### Collected data entries
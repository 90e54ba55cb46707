-- ===== src/Http.antt =====
-- internal/httpapi/server.go: the HTTP server.
pub mod Access
pub mod Links
pub mod Request
pub mod Served
pub mod Sessions
pub mod Tests
pub mod Upload
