-- ===== src/Http/Sessions.antt =====
-- internal/httpapi/server.go: the cookies of an administrator's session and of a protected link.
pub mod Issued
use macftpd.Prelude.{
  ℕ, ◌+◌, ◌-◌, ◌*◌, ◌/◌, ◌^◌, ◌<◌, ◌≡◌, Bool, true, false, ◌&&◌, not, Option, none, some, List, [],
  ◌∷◌, ◌++◌, if◌then◌else◌, ℤ, pos, negsuc,
}
use macftpd.Text.{Text, codes, split, join, ◌=ₜ◌}
use macftpd.Text.Laws.{Lacks}
use macftpd.Clock.{Time, after, second, hour}
use macftpd.Ftp.Ports.{print_nat}

-- `sign` is the base64 of the HMAC of a text under the key of the server, `encode` and `decode` are
-- `base64.RawURLEncoding`, and `scan` is `fmt.Sscanf` of "%d".
pub record Signer : Type 0 where
  pub sign : Text → Text
  pub encode : Text → Text
  pub decode : Text → Option Text
  pub scan : Text → Option ℤ

-- What is relied on: an encoding is decoded to what it is of, has no bar, and a number that is printed is scanned.
pub record IsSigner (c : Signer) : Type 0 where
  pub decode_encode : (s : Text) → c.decode (c.encode s) ≡ some s
  pub plain_encode : (s : Text) → Lacks b'|' (c.encode s)
  pub plain_sign : (s : Text) → Lacks b'|' (c.sign s)
  pub scan_print : (n : ℕ) → n < 2 ^ 63 → c.scan (print_nat n) ≡ some (pos n)

-- the time of the Unix epoch, and seconds from it on
abbrev pub epoch : Time
epoch = 62135596800 * second

abbrev pub unix : Time → ℕ
unix t = (t - epoch) / second

abbrev pub from_unix : ℤ → Time
from_unix (pos n) = epoch + n * second
from_unix (negsuc n) = epoch - (n + 1) * second

abbrev pub expiry : Time → ℕ
expiry now = unix (now + 12 * hour)

module _ (c : Signer) where
  -- `time.Now().After(time.Unix(unix, 0))` is false, for a text that scans
  abbrev pub in_time : Time → Option ℤ → Bool
  in_time now none = false
  in_time now (some n) = not (after now (from_unix n))

  abbrev pub session_payload : Time → Text → Text → Text
  session_payload now username nonce =
      join b'|' (username ∷ print_nat (expiry now) ∷ c.encode nonce ∷ [])

  -- the cookie that `setSession` sets
  unfoldable pub session_cookie : Time → Text → Text → Text
  session_cookie now username nonce =
      let payload = session_payload now username nonce in
      c.encode (payload ++ b'|' ∷ c.sign payload)

  abbrev pub session_of : Time → List Text → Option Text
  session_of now (name ∷ until ∷ nonce ∷ mac ∷ []) =
      if not (c.sign (join b'|' (name ∷ until ∷ nonce ∷ [])) =ₜ mac)
      then none
      else if in_time now (c.scan until)
      then some name
      else none
  session_of now parts = none

  abbrev pub session_decoded : Time → Option Text → Option Text
  session_decoded now none = none
  session_decoded now (some token) = session_of now (split b'|' token)

  -- `verifySession`
  unfoldable pub verify_session : Time → Text → Option Text
  verify_session now raw = session_decoded now (c.decode raw)

  abbrev pub share_payload : Time → Text → Text
  share_payload now id = join b'|' (id ∷ print_nat (expiry now) ∷ [])

  -- the cookie that `setShareCookie` sets
  unfoldable pub share_cookie : Time → Text → Text → Text
  share_cookie now id token =
      let payload = share_payload now id in
      c.encode (payload ++ b'|' ∷ c.sign (payload ++ b'|' ∷ token))

  abbrev pub share_of : Time → Text → Text → List Text → Bool
  share_of now id token (name ∷ until ∷ mac ∷ []) =
      (name =ₜ id)
      && in_time now (c.scan until)
      && (c.sign (join b'|' (name ∷ until ∷ []) ++ b'|' ∷ token) =ₜ mac)
  share_of now id token parts = false

  abbrev pub share_decoded : Time → Text → Text → Option Text → Bool
  share_decoded now id token none = false
  share_decoded now id token (some value) = share_of now id token (split b'|' value)

  abbrev pub with_cookie : Time → Text → Text → Option Text → Bool
  with_cookie now id token none = false
  with_cookie now id token (some raw) = share_decoded now id token (c.decode raw)

  -- `verifyShareCookie`
  unfoldable pub verify_share_cookie : Time → Option Text → Text → Text → Bool
  verify_share_cookie now cookie id token = with_cookie now id token cookie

### What is required
What are the lines, exactly as written above, from the line with "session_decoded now none = none" to the line with "verify_session now raw", both included? Output only those.

### Response area
  session_decoded now none = none
  session_decoded now (some token) = session_of now (split b'|' token)

  -- `verifySession`
  unfoldable pub verify_session : Time → Text → Option Text
  verify_session now raw = session_decoded now (c.decode raw)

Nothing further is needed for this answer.